HELP PLZ !!! Show that the set of points are collinear (a) (-2,-6) (2,-4) and (4,-3) (b) (-5,5) (1,1) and (4,-1) (c) (-5,-6) (-2,0) and (-1,2)

(a) note that as x increases by 4, y increases by 2. Then, as x increases by 2, y increases by 1.

(b) and (c) work the same way. Starting at the first point, note that the changes in y and x have the same ratio.

That is, the slope remains constant, and since the middle point figures in both calculations, all the points lie on the same line.

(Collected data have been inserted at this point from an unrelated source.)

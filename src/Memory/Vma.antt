-- ===== src/Memory/Vma.antt =====
-- The areas of a process (`src/memory/vma.c`, `headers/memory/vma.h`) and the system calls that make and
-- remove them (`src/syscalls/memory/memory.c`). The areas lie on the heap and hang in a search tree by
-- the node within them; one is named by its address. The addresses that `kcalloc` and `kmalloc` give,
-- one call after the other, are part of the state; a list that has ended gives NULL, which the code
-- writes through.
pub mod Search
pub mod Gap
pub mod Mapping
pub mod Unmapping
pub mod Ranges
pub mod Munmap
mod Tests
use reddyos_osdev.Base.{
  ℕ, zero, suc, ◌+◌, ◌-◌, ◌%◌, ◌^◌, Bool, true, false, Option, none, some, List, [], ◌∷◌, ◌++◌, ltb,
  leb, ◌==◌, not, ◌&&◌, ◌||◌, if◌then◌else◌, length,
}
use reddyos_osdev.Base.Int.{ℤ, pos, negsuc}
use reddyos_osdev.Base.Outcome.{Outcome, done, panic, out_of_fuel, ◌>>=◌}
use reddyos_osdev.Memory.Page.{page_size, add64, sub64, align_up}
use reddyos_osdev.Memory.BsTree.{BsTree, Shape, leaf, node, order}

abbrev pub vma_base : ℕ
vma_base = 0x10000000

pub data VmaType : Type 0 where
  vma_anon vma_file : VmaType

-- `vma_phys_page_t`, in a list.
pub record PhysPage : Type 0 where
  pub start : ℕ
  pub phys : ℕ

-- `vm_area_t` without its node. `file` and `pgoff` are 0 in an area without a file.
pub record VmArea : Type 0 where
  pub start : ℕ
  pub end : ℕ
  pub vm_flags : ℕ
  pub kind : VmaType
  pub phys_pages : List PhysPage
  pub file : ℕ
  pub pgoff : ℕ

abbrev pub empty_area : VmArea
empty_area = record {
  start = 0;
  end = 0;
  vm_flags = 0;
  kind = vma_anon;
  phys_pages = [];
  file = 0;
  pgoff = 0;
}

-- The error `-code`.
abbrev pub failure : ℕ → ℤ
failure zero = pos 0
failure (suc code) = negsuc code

-- `vma_add_page`, behind the pages that the area has.
unfoldable pub vma_add_page : ℕ → ℕ → VmArea → VmArea
vma_add_page start phys vma = record vma {
  phys_pages = vma.phys_pages ++ record { start = start; phys = phys } ∷ [];
}

-- `page.start` is not in the area.
abbrev pub is_outside : VmArea → PhysPage → Bool
is_outside vma page = ltb page.start vma.start || leb vma.end page.start

-- The loop of `vma_cleanup` from a page on; `has_prev` says whether `prev` was set. A page that is
-- outside is given back to the heap, which marks its block and leaves what is in it, and is read again
-- in the next round, as it is not stepped over. If `prev` was not set, it is read all the same: a fault.
unfoldable pub cleanup_from : ℕ → VmArea → Bool → List PhysPage → Outcome (List PhysPage)
cleanup_from fuel vma has_prev [] = done []
cleanup_from zero vma has_prev (page ∷ pages) = out_of_fuel
cleanup_from (suc fuel) vma has_prev (page ∷ pages) =
    let again = cleanup_from fuel vma has_prev (page ∷ pages) in
    let rest = cleanup_from fuel vma true pages in
    if is_outside vma page
    then (if has_prev then again else panic)
    else rest >>= λ kept. done (page ∷ kept)

unfoldable pub vma_cleanup : ℕ → VmArea → Outcome VmArea
vma_cleanup fuel vma =
    cleanup_from fuel vma false vma.phys_pages >>= λ kept. done (record vma { phys_pages = kept })

-- The area behind the gap, if the part to unmap lies in the middle.
abbrev pub tail_area : VmArea → ℕ → ℕ → VmArea
tail_area vma addr len =
    let plain : VmArea = record empty_area {
      start = add64 addr len;
      end = vma.end;
      vm_flags = vma.vm_flags;
      kind = vma.kind;
    } in
    elim vma.kind [
      | vma_anon ↦ plain
      | vma_file ↦ record plain {
        file = vma.file;
        pgoff = add64 vma.pgoff (sub64 (add64 addr len) vma.start);
      }
    ]

-- What is left of the area before the gap, or behind it.
unfoldable pub shrink : ℕ → ℕ → VmArea → VmArea
shrink addr len vma =
    if addr == vma.start
    then record vma {
      start = add64 vma.start len;
      pgoff = elim vma.kind [ vma_anon ↦ vma.pgoff | vma_file ↦ add64 vma.pgoff len ];
    }
    else record vma { end = addr }

module _ (bt : BsTree) where
  open bt use {Tree, shape, insert, remove, search, minimum, successor}

  -- The areas by address, the tree of the process, the addresses to come from the heap, and the
  -- pages unmapped so far, the last first.
  pub record Vm : Type 0 where
    pub area : ℕ → VmArea
    pub tree : Tree
    pub fresh : List ℕ
    pub unmapped : List ℕ

  -- `vma_tree_get_value`.
  abbrev pub vma_start : Vm → ℕ → ℕ
  vma_start s a = (s.area a).start

  abbrev pub areas : Vm → List ℕ
  areas s = order (shape s.tree)

  abbrev pub put_area : Vm → ℕ → VmArea → Vm
  put_area s a vma = record s { area = λ b. if b == a then vma else s.area b }

  -- `kcalloc(1, sizeof(vm_area_t))`, written through at once.
  unfoldable pub new_area : VmArea → Vm → Outcome (ℕ × Vm)
  new_area vma s = elim s.fresh [
    | [] ↦ panic
    | a ∷ more ↦ if a == 0 then panic else done (a, put_area (record s { fresh = more }) a vma)
  ]

  unfoldable pub vma_insert : ℕ → Vm → Vm
  vma_insert a s = record s { tree = insert (vma_start s) a s.tree }

  unfoldable pub vma_remove : ℕ → Vm → Vm
  vma_remove a s = record s { tree = remove a s.tree }

  -- The pages are unmapped one by one.
  unfoldable pub unmap_pages : List PhysPage → List ℕ → List ℕ
  unmap_pages [] log = log
  unmap_pages (page ∷ pages) log = unmap_pages pages (page.start ∷ log)

  unfoldable pub vma_destroy : ℕ → Vm → Vm
  vma_destroy a s = record s { unmapped = unmap_pages (s.area a).phys_pages s.unmapped }

  unfoldable pub vma_find : Vm → ℕ → Option ℕ
  vma_find s addr = elim (search (vma_start s) addr s.tree) [
    | none ↦ none
    | some a ↦ if leb (s.area a).start addr && ltb addr (s.area a).end then some a else none
  ]

  -- The loop of `vma_overlaps` from a node on.
  unfoldable pub overlaps_from : ℕ → Vm → ℕ → ℕ → Option ℕ → Outcome Bool
  overlaps_from fuel s start end none = done false
  overlaps_from zero s start end (some a) = out_of_fuel
  overlaps_from (suc fuel) s start end (some a) =
      let rest = overlaps_from fuel s start end (successor a s.tree) in
      if leb end (s.area a).start
      then done false
      else if ltb start (s.area a).end && ltb (s.area a).start end
      then done true
      else rest

  unfoldable pub vma_overlaps : Vm → ℕ → ℕ → Outcome Bool
  vma_overlaps s start end = elim (shape s.tree) [
    | leaf ↦ done false
    | node l a r ↦
        overlaps_from (length (areas s)) s start end
          (elim (search (vma_start s) start s.tree) [ none ↦ minimum s.tree | some b ↦ some b ])
  ]

  -- `scan`, on the two variables that it is given by address: `last_end` and `result`.
  unfoldable pub scan : Vm → ℕ → Shape → ℕ × ℕ → ℕ × ℕ
  scan s len leaf st = st
  scan s len (node l a r) st =
      let left = scan s len l st in
      let right = scan s len r ((s.area a).end, left.1) in
      if not (st.1 == 0)
      then st
      else if leb len (sub64 (s.area a).start left.0)
      then (left.0, left.0)
      else right

  unfoldable pub vma_find_free_region : Vm → ℕ → Outcome ℕ
  vma_find_free_region s len =
      let st = scan s len (shape s.tree) (vma_base, 0) in
      vma_overlaps s st.0 (add64 st.0 len) >>= λ overlap.
      done (if overlap then 0 else if st.1 == 0 then st.0 else st.1)

  -- `file` is 0 for no file; `has_fault` says whether the functions of a file's node have a
  -- `vma_fault`.
  unfoldable pub mmap_region : ℕ → (ℕ → Bool) → ℕ → ℕ → ℕ → ℕ → ℕ → Vm → Outcome (ℤ × Vm)
  mmap_region enodev has_fault file addr len vm_flags pgoff s =
      let vma : VmArea = record empty_area {
        start = addr;
        end = add64 addr len;
        vm_flags = vm_flags;
      } in
      if file == 0
      then (new_area vma s >>= λ r. done (pos addr, vma_insert r.0 r.1))
      else if not (has_fault file)
      then (new_area vma s >>= λ r. done (failure enodev, r.1))
      else (new_area (record vma { kind = vma_file; file = file; pgoff = pgoff }) s >>= λ r.
          done (pos addr, vma_insert r.0 r.1))

  unfoldable pub split_tail : ℕ → ℕ → ℕ → Vm → Outcome Vm
  split_tail a addr len s =
      let vma = s.area a in
      if ltb vma.start addr && ltb (add64 addr len) vma.end
      then (new_area (tail_area vma addr len) s >>= λ r. done (vma_insert r.0 r.1))
      else done s

  -- The end of `munmap_region`, on the area that was shrunk.
  unfoldable pub settle : ℕ → ℕ → Vm → Outcome Vm
  settle fuel a s =
      if leb (s.area a).end (s.area a).start
      then done (vma_destroy a (vma_remove a s))
      else vma_cleanup fuel (s.area a) >>= λ vma. done (put_area s a vma)

  unfoldable pub munmap_region : ℕ → ℕ → ℕ → ℕ → Vm → Outcome (ℤ × Vm)
  munmap_region fuel einval addr len s = elim (vma_find s addr) [
    | none ↦ done (failure einval, s)
    | some a ↦
        if ltb addr (s.area a).start || ltb (s.area a).end (add64 addr len)
        then done (failure einval, s)
        else split_tail a addr len s >>= λ s1.
            settle fuel a (put_area s1 a (shrink addr len (s1.area a))) >>= λ s2. done (pos 0, s2)
  ]

  -- `file` is what `process_unpack_fd` gives.
  unfoldable pub do_sys_mmap : ℕ → ℕ → ℕ → (ℕ → Bool) → ℕ → ℕ → ℕ → Vm → Outcome (ℤ × Vm)
  do_sys_mmap einval enomem enodev has_fault file len offset s =
      let rounded = align_up len page_size in
      if rounded == 0
      then done (failure einval, s)
      else vma_find_free_region s len >>= λ addr.
          if addr == 0
          then done (failure enomem, s)
          else mmap_region enodev has_fault file addr rounded 0 offset s

  unfoldable pub do_sys_munmap : ℕ → ℕ → ℕ → ℕ → Vm → Outcome (ℤ × Vm)
  do_sys_munmap fuel einval addr len s =
      let rounded = align_up len page_size in
      if rounded == 0 then done (failure einval, s) else munmap_region fuel einval addr rounded s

To determine whether a set of points is collinear, we need to check if the slope between any two points in the set is the same.

(a) (-2,-6), (2,-4), and (4,-3):

Step 1: Determine the slope between each pair of points.
- Slope between (-2,-6) and (2,-4):
slope = (y2 - y1) / (x2 - x1) = (-4 - (-6)) / (2 - (-2)) = 2 / 4 = 1/2
- Slope between (2,-4) and (4,-3):
slope = (y2 - y1) / (x2 - x1) = (-3 - (-4)) / (4 - 2) = 1 / 2 = 1/2

Since the slopes are the same for both pairs of points, we can conclude that the points (-2,-6), (2,-4), and (4,-3) are collinear.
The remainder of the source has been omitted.